# Angel and her Twin Big Boys by C-Section



## DDFN (Jul 31, 2011)

I figured I would start her a kidding thread and link it to the other so everyone can see the update.

Angel made it through her c-section well. When I took these pictures she was still a bit under the influence of an epidural and a bit loopy from being put under. She still is having some issues getting to her feet but she is sore. She almost stood up by herself when she was laying on her side opposite of the surgery site. They will still need to stay there for a while length depending on how well and fast they improve. The boys are now breathing through their noses and still having a bit of hard time but (knock on wood) appear like they will be able to make it! The creme boy nursed off of mom which was amazing considering she was laying down during that but the white and tan boy hasn't figured the teat out, he will nurse on everything but the teat. I took them some colostrum to ensure they were off to a good start since mom was early, but she does have some herself (just not a lot). They did start meds to help their lungs develop and being either bottle fed or allowed to nurse mom very often. One good thing about the vet school is each one (mom and each boy) has their own personal vet student. I swear I don't know if Angel will want to come home as I think she now thinks she has servants!!! She has the best they have to offer and everyone loves her (and the boys). 

I think tomorrow I will need to take the students and vets a thank you basket of goodies for all their hard work!

Below are some pictures. They may not be the best but I was more concerned with spending some time with them. The cream one was full and napping in his momma proof fort! They are keeping them in there when not being worked with since momma isn't steady on standing on her own yet. You can already see the character of the white and tan boy in one of the pictures. Angel looks a little sad but considering what she just went through I think she is looking pretty good.
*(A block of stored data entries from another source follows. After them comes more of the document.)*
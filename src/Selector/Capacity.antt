-- ===== src/Selector/Capacity.antt =====
-- The capacity that the table grows to is beyond the descriptor that asks for it.
use protos_tpe.Prelude.{ℕ, zero, suc, ◌+◌, ◌*◌, ◌/◌, ◌^◌, ◌≤◌, ◌<◌, ◌≡◌, refl, arith}
use protos_tpe.Selector.{count_bits, next_capacity, items_max_size}

abbrev pow2 : ℕ → ℕ
pow2 zero = 1
pow2 (suc k) = 2 * pow2 k

pow2-eq : (k : ℕ) → 2 ^ k ≡ pow2 k
pow2-eq zero = refl
pow2-eq (suc k) = omega (arith, pow2-eq k)

count_bits_less : (k n : ℕ) → n < pow2 k → n < pow2 (count_bits k n)
unfolding count_bits
count_bits_less zero n h = h
count_bits_less (suc k) n h = ground (arith, count_bits_less k (n / 2) (omega arith))

-- For a descriptor up to the limit of the platform, the new capacity is above it, so that the item
-- of the descriptor is in the table, and at most one above that limit.
pub next_capacity_bounds :
    (n : ℕ) → n ≤ items_max_size → (n < next_capacity n) × (next_capacity n ≤ items_max_size + 1)
unfolding next_capacity
next_capacity_bounds n h =
    let above = count_bits_less 64 n (omega arith) in
    let same = pow2-eq (count_bits 64 n) in ground arith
I can truly say I love living close to the vet school. It may be about an hour away but so is about everything else around here.


----------



## OakHollowRanch (Jun 6, 2013)

They look like they are all in good hands! C-sections always seem difficult for goats, but it sounds like everyone is pulling through. Congrats on the healthy baby and mom!


----------



## Jessica84 (Oct 27, 2011)

Oh man she just made my c section scar hurt lol. Big time congrats on the kids and happy mama is doing good. FYI c sections really suck so give her extra loves


----------



## Mamaboyd (Oct 10, 2013)

Ouch, poor momma ! I am glad everyone is doing well so far. Congratulations


----------



## happybleats (Sep 12, 2010)

kids look great!..All the best for a full recovery for mom and strengthening for kids!!


----------



## Hobbyfarmer (Sep 7, 2011)

Oh my goodness. I hope everyone recovers well. I'll be watching for updates. What were the weights on the babies?


----------



## nancy d (Oct 5, 2007)

Their own personal vet student man is that ever cool!
Ive never seen a c section but it looks like they did a first rate job.
Congrats on the babies & saving mama!

What led you to take her in?


----------



## janeen128 (Dec 31, 2012)

Congrats! Hoping and praying for a quick recovery;-)


----------



## sassykat6181 (Nov 28, 2012)

nancy d said:


> What led you to take her in?


Here's the original thread
http://www.thegoatspot.net/forum/f186/possible-c-section-inducing-163789/index2.html#post1650146


----------



## nchen7 (Feb 25, 2013)

oweee!!! the sight of her C-section made my uterus jump! poor thing. of course she's sore!!!! awww....she needs lots of lovins for sure.

those boys are so cute!

glad they have vet students looking after all of them. wishing everyone a speedy recovery!


----------



## Trickyroo (Sep 26, 2012)

Good for Angel , she deserves nothing but the best and so does her boys 
Aww , bless her heart  So glad she and the boys are doing well !
Wow , she has been through heck , hasn't she ! What adorable little boys too !
Love their coloring  Prayers their recovery is a speedy one


----------



## DDFN (Jul 31, 2011)

I want to thank you all for your kind words and prayers. I stayed as long as I could at the vet school before they finally had to kick me out for the night. I have two friends that work there as techs but they got off their shifts earlier so I couldn't stay too excessively late after visiting hours (I think I stayed 2 hours past normal time lol)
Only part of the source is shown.